* _Aim of the task_: Reproduce, exactly and in full, only the lines below from the one containing "gave_up ↦ gave_up" through the one containing "fault : Answer".

┌─ Records for this task

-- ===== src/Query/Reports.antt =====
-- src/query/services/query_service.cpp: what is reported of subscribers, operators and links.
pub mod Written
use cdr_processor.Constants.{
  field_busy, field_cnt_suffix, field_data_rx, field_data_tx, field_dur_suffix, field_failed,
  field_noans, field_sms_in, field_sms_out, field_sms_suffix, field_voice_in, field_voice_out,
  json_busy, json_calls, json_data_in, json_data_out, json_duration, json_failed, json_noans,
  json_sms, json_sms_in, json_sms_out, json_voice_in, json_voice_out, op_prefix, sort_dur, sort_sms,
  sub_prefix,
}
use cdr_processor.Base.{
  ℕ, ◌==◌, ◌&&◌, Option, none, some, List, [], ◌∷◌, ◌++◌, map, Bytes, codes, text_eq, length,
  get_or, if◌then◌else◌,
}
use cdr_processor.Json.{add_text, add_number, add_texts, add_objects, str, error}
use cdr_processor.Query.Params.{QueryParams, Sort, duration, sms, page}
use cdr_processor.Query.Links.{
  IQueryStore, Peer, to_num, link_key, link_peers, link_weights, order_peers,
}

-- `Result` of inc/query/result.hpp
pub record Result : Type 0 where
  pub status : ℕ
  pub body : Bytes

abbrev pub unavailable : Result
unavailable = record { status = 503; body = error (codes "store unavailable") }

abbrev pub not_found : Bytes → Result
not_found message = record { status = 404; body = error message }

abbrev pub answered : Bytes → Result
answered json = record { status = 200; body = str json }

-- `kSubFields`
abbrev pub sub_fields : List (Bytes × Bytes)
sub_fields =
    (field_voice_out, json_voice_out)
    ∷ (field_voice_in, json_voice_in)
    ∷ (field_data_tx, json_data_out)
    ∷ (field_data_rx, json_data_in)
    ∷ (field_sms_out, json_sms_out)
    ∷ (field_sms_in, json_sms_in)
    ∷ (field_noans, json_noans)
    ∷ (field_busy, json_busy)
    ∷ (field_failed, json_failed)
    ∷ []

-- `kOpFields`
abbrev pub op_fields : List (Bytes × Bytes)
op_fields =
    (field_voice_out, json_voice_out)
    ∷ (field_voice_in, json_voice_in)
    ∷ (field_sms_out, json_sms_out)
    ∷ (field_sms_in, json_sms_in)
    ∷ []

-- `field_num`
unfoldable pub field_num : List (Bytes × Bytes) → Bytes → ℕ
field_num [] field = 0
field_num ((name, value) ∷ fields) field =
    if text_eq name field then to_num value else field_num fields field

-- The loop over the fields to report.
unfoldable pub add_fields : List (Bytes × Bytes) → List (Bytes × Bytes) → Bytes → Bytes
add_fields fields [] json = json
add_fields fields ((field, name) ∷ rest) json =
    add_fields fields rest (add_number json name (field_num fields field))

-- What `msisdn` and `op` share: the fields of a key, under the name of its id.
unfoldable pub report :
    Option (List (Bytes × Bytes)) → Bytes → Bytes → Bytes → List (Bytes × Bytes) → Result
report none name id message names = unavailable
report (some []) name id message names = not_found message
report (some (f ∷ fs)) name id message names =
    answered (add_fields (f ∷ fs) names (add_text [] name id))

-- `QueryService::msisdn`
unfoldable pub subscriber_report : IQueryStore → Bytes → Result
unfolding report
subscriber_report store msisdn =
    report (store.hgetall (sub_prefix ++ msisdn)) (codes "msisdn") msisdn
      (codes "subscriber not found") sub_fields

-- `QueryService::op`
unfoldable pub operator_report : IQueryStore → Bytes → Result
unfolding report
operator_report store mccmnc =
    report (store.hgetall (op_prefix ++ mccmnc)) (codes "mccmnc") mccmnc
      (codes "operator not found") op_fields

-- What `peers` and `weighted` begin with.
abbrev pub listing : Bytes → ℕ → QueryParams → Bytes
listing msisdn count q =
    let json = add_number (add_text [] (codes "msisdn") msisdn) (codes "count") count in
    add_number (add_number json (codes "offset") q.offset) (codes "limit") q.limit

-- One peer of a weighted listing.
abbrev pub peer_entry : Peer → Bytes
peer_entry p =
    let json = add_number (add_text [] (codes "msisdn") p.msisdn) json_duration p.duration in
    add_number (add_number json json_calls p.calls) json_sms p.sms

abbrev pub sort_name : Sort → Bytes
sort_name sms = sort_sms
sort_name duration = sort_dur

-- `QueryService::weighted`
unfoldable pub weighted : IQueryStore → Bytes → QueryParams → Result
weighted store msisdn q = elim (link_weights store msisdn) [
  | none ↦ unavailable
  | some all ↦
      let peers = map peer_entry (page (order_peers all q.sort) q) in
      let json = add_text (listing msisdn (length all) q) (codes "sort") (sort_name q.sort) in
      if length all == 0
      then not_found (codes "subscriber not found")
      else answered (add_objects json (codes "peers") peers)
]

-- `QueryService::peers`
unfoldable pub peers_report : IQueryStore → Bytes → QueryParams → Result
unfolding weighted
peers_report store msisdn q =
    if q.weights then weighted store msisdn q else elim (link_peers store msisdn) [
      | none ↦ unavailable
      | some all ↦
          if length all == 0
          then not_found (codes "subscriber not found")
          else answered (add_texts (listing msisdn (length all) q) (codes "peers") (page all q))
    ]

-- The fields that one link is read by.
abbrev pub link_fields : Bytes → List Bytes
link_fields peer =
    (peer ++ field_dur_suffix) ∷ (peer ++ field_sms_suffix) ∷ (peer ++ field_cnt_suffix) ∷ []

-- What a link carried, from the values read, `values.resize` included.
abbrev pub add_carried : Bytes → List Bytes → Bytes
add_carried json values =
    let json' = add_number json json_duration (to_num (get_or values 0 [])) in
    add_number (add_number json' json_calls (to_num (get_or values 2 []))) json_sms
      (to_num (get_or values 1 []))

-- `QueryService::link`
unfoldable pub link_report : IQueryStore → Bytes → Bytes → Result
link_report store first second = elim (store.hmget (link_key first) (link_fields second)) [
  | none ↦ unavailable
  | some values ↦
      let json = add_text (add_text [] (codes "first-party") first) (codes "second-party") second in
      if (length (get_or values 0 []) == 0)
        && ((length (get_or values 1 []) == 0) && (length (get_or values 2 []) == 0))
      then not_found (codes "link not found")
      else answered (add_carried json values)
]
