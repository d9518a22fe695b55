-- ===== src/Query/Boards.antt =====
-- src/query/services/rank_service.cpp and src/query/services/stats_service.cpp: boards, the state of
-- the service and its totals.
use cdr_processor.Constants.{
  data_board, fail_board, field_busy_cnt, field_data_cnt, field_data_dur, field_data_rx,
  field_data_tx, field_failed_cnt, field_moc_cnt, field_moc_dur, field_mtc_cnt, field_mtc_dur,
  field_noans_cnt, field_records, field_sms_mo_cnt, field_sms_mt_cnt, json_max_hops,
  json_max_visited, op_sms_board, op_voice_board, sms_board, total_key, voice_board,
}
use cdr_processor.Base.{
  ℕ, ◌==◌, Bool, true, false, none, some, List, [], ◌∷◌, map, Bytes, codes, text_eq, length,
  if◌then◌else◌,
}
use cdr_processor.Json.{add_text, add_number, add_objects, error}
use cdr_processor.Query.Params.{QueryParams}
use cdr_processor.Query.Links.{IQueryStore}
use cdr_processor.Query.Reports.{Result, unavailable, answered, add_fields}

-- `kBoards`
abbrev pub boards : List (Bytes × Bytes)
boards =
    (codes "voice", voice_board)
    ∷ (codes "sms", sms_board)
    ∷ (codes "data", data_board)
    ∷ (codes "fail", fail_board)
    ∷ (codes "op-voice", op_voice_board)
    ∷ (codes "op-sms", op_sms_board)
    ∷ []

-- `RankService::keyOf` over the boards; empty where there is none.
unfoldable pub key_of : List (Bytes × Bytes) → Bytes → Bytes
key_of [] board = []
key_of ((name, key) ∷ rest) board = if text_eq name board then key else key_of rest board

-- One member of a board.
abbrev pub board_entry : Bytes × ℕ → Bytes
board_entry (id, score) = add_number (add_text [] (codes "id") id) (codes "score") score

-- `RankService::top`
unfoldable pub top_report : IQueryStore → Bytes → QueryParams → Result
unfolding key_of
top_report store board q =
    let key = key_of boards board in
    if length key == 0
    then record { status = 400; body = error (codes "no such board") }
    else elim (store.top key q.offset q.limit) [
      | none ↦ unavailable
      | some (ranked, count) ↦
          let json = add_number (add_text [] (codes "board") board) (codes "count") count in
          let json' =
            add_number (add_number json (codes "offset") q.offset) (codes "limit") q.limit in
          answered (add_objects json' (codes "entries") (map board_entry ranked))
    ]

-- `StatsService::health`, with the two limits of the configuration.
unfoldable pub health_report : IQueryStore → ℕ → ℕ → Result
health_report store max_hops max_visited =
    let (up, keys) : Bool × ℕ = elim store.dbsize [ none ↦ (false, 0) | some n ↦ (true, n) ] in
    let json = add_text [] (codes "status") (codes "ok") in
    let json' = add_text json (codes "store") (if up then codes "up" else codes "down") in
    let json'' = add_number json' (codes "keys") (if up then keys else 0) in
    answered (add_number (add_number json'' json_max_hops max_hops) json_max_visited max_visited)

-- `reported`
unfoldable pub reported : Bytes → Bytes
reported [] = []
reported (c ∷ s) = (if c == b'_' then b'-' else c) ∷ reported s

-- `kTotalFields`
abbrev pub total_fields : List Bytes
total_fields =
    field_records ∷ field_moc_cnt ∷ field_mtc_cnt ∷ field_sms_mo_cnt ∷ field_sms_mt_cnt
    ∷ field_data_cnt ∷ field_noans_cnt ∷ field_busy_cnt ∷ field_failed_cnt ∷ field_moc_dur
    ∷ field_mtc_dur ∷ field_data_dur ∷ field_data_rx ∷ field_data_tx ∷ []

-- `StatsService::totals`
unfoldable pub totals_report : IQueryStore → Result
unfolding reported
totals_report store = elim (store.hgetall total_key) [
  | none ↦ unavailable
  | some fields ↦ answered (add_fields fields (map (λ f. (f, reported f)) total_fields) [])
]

└─
┌─ Records for this task

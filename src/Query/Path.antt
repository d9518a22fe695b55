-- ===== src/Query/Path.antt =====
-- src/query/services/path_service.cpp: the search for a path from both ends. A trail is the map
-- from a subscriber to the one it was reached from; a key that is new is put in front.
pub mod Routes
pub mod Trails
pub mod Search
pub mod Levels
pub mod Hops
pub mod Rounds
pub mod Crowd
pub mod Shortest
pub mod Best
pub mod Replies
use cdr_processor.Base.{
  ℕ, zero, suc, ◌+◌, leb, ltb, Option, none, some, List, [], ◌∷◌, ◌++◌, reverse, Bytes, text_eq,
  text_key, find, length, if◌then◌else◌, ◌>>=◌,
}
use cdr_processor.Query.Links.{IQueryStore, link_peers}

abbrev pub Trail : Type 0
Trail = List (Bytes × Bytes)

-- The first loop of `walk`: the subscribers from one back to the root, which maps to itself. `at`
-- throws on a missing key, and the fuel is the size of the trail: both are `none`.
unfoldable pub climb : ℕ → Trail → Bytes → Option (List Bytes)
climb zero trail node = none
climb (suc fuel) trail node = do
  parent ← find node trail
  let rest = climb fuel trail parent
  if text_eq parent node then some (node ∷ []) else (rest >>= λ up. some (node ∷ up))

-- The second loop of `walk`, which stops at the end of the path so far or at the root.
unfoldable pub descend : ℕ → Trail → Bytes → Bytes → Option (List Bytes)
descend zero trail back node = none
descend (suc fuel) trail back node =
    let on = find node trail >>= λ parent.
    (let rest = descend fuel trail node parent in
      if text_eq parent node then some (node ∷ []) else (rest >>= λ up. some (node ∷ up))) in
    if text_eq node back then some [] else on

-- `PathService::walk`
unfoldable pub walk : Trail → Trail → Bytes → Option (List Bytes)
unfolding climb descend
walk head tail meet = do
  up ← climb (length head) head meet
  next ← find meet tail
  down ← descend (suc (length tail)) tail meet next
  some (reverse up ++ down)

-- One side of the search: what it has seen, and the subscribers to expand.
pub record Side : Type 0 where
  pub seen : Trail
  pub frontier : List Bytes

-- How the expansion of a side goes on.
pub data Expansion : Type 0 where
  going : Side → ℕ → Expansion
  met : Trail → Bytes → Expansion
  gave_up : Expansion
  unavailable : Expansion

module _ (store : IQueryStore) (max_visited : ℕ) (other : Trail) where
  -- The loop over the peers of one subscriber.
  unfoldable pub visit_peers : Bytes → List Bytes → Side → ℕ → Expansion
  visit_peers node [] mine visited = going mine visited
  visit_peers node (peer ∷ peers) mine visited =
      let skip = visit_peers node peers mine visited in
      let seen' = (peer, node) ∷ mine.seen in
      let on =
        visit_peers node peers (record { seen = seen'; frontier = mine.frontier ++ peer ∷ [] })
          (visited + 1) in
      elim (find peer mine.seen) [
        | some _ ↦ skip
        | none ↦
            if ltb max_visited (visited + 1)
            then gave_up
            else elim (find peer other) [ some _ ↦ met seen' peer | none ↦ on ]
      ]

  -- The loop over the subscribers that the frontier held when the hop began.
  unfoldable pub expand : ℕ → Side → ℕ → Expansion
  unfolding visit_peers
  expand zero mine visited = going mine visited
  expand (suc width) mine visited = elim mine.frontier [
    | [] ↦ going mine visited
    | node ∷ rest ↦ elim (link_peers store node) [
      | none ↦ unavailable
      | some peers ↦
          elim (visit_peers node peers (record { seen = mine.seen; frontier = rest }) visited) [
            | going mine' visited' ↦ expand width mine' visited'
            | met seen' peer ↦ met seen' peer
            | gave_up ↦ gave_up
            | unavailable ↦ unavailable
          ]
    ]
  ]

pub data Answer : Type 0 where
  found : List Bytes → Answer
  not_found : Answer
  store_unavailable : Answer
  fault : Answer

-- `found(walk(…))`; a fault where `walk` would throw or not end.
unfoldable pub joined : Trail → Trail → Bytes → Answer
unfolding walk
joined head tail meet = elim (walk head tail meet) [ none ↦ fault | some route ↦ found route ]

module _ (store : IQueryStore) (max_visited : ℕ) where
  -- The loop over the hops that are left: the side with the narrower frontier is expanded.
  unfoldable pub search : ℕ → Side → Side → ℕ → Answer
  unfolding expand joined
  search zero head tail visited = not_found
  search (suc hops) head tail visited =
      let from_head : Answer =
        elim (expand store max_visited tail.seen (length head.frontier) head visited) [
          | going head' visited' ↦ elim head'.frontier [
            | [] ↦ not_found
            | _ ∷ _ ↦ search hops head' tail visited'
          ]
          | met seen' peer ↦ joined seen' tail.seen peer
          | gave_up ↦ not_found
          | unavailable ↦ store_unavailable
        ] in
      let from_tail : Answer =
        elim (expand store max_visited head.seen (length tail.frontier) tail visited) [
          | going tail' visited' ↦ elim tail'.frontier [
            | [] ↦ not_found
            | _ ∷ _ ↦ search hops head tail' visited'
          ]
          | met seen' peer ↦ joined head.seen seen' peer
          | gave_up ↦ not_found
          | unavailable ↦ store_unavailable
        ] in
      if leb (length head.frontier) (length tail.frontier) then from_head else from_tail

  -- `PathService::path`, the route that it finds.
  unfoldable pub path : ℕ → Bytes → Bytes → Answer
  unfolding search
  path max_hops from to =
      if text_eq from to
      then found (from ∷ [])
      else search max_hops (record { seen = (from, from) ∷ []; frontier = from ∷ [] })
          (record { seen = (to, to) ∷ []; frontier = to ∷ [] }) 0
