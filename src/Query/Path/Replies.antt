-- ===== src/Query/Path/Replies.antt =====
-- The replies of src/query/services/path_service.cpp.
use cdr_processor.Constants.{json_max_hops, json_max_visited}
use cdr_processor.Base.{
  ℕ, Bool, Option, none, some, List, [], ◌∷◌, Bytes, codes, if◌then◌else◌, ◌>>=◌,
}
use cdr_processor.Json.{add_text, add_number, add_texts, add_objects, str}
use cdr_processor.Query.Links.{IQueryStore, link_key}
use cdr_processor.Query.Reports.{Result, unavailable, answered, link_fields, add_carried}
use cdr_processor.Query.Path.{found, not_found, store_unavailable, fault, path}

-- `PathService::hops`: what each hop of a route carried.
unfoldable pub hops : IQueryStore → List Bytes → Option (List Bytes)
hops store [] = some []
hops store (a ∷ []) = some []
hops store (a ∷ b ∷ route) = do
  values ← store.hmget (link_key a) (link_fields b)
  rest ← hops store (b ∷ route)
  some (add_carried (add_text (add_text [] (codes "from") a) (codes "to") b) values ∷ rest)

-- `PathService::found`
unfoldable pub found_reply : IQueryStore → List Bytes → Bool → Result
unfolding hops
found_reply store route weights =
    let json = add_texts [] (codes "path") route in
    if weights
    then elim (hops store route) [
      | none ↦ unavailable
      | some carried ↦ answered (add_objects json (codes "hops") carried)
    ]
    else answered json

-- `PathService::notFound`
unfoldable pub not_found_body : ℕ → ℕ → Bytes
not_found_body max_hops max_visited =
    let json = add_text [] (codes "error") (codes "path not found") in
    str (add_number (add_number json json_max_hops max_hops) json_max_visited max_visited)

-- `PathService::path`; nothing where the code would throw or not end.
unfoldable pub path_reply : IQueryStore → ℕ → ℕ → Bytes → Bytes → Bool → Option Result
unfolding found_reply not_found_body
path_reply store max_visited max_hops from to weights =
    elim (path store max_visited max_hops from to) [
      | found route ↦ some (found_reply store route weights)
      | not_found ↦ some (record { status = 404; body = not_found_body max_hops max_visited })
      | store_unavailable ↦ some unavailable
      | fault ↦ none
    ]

└─
┌─ Records for this task

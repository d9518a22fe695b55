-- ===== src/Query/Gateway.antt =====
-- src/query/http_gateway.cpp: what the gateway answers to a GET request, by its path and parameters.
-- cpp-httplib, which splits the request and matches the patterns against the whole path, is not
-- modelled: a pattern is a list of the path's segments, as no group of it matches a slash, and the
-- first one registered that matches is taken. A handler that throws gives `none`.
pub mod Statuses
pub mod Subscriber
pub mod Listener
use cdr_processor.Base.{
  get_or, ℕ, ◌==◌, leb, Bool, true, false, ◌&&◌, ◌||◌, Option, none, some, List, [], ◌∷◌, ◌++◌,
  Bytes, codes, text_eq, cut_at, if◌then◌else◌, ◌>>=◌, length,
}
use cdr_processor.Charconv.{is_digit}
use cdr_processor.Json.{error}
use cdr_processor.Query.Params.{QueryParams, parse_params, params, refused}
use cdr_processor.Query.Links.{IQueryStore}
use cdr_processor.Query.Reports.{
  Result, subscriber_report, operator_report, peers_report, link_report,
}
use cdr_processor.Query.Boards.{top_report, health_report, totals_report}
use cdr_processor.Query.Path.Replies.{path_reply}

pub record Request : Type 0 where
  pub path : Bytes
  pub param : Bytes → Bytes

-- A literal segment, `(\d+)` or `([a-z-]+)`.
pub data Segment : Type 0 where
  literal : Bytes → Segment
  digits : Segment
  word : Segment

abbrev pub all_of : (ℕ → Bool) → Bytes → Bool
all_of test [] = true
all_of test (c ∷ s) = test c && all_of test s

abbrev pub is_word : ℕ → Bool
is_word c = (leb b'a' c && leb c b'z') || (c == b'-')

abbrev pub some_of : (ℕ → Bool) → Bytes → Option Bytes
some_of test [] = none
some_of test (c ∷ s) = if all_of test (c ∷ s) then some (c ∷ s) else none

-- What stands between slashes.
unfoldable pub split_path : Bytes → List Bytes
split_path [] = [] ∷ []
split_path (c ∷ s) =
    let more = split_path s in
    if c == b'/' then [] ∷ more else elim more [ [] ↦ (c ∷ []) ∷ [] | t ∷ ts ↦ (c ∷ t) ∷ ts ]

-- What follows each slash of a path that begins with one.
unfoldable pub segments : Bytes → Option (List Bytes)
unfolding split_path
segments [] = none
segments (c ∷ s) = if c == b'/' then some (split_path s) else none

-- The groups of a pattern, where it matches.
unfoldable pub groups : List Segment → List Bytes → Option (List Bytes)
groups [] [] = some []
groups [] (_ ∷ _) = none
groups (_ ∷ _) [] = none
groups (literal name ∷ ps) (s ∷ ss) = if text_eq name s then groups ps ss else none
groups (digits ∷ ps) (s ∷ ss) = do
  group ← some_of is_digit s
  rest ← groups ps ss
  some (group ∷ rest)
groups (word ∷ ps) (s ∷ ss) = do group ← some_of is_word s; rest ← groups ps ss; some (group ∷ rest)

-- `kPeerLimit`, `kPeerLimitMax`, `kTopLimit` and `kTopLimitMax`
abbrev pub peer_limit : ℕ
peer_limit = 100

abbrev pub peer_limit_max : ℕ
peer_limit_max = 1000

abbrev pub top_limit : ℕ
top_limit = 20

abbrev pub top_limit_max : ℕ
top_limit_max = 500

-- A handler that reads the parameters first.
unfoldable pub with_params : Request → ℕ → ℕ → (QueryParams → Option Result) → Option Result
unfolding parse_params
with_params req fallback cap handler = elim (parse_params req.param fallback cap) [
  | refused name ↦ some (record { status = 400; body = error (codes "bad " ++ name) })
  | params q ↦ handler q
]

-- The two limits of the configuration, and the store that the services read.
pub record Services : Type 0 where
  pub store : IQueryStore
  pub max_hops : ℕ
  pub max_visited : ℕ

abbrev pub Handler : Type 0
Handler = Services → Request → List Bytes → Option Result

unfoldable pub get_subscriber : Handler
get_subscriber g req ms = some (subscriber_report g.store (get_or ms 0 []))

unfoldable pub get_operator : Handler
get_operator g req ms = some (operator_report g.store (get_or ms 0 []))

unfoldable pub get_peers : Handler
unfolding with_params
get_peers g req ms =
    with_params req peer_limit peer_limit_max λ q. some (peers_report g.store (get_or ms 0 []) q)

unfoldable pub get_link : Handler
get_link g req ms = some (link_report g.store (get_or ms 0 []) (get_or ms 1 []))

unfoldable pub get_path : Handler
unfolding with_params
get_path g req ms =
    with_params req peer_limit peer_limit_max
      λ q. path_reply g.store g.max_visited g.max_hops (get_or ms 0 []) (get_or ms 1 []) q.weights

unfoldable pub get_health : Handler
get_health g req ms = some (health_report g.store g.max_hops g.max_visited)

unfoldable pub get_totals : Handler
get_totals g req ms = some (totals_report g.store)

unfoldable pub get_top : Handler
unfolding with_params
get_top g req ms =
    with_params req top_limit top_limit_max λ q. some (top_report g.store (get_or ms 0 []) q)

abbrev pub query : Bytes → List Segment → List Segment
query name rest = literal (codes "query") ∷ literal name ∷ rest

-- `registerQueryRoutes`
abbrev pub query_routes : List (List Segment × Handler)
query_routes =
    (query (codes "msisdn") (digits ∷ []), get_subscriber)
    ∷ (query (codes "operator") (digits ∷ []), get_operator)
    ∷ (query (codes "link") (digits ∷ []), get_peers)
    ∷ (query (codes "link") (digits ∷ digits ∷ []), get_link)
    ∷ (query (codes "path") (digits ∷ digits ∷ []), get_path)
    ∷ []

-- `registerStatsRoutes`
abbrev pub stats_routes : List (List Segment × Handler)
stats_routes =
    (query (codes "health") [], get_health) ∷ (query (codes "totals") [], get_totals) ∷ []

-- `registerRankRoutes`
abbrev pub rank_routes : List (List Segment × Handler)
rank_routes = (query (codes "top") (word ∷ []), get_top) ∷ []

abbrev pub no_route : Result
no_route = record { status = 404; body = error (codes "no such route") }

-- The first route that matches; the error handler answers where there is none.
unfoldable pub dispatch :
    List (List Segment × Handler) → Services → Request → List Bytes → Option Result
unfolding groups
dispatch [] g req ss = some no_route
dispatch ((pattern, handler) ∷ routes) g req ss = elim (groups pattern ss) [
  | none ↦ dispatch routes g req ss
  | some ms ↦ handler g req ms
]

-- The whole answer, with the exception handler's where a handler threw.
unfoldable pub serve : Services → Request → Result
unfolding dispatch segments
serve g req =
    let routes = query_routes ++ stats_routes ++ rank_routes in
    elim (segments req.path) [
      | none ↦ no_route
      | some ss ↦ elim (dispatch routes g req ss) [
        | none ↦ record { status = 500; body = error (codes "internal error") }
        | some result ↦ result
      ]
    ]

└─

* _Task solution_:
            | gave_up ↦ gave_up
            | unavailable ↦ unavailable
          ]
    ]
  ]

pub data Answer : Type 0 where
  found : List Bytes → Answer
  not_found : Answer
  store_unavailable : Answer
  fault : Answer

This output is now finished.